Among the entries below, only the lines starting at the one with "λ h. back (join_both" and ending at the one with "true) (map lower (w ∷ ws))", both included, are to be printed exactly.

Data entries
- Opening Delimiter -

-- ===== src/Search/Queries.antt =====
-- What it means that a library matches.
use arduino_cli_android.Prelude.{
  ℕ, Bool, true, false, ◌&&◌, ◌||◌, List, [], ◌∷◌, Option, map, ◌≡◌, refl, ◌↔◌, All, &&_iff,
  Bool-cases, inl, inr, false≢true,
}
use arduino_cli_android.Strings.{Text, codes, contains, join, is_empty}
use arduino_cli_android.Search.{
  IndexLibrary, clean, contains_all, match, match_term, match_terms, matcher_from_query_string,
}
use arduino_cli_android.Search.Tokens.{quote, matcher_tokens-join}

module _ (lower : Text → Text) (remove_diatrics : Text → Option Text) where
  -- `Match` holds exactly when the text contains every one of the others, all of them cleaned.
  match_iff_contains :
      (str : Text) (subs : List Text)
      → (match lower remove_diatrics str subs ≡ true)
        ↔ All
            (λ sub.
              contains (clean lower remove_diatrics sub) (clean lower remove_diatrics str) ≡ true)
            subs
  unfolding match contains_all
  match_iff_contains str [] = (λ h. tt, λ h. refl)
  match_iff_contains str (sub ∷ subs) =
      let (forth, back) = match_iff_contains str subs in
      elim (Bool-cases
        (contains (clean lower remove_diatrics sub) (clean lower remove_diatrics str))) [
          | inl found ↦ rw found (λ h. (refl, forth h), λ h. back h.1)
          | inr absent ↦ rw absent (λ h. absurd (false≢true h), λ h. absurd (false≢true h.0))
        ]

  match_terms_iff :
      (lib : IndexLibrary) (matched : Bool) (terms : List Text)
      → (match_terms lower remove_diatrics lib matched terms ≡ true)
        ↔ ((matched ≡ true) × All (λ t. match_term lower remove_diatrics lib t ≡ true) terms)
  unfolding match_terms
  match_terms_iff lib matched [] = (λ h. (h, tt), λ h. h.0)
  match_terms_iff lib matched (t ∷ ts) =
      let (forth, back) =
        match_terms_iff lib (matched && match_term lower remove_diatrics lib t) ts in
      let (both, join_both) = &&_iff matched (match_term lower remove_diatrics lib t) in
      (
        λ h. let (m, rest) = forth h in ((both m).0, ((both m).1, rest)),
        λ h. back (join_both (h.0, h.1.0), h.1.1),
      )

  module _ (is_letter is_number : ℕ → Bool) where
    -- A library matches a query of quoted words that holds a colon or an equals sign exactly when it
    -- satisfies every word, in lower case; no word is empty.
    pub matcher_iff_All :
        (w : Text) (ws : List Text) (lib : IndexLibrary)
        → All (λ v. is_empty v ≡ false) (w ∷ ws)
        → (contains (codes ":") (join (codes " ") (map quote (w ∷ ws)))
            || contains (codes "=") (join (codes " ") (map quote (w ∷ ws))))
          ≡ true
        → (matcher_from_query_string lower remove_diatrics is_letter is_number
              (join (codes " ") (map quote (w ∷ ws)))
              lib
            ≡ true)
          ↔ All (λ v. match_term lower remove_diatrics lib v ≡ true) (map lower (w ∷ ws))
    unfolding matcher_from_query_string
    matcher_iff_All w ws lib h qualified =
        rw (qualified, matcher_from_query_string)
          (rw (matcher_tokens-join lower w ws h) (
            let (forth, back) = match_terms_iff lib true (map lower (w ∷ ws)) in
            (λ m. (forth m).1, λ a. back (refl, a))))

- Closing Delimiter -

## SOLUTION TO THIS TASK
        λ h. back (join_both (h.0, h.1.0), h.1.1),
      )

  module _ (is_letter is_number : ℕ → Bool) where
    -- A library matches a query of quoted words that holds a colon or an equals sign exactly when it
    -- satisfies every word, in lower case; no word is empty.
    pub matcher_iff_All :
        (w : Text) (ws : List Text) (lib : IndexLibrary)
        → All (λ v. is_empty v ≡ false) (w ∷ ws)
        → (contains (codes ":") (join (codes " ") (map quote (w ∷ ws)))
            || contains (codes "=") (join (codes " ") (map quote (w ∷ ws))))
          ≡ true
        → (matcher_from_query_string lower remove_diatrics is_letter is_number
              (join (codes " ") (map quote (w ∷ ws)))
              lib
            ≡ true)
          ↔ All (λ v. match_term lower remove_diatrics lib v ≡ true) (map lower (w ∷ ws))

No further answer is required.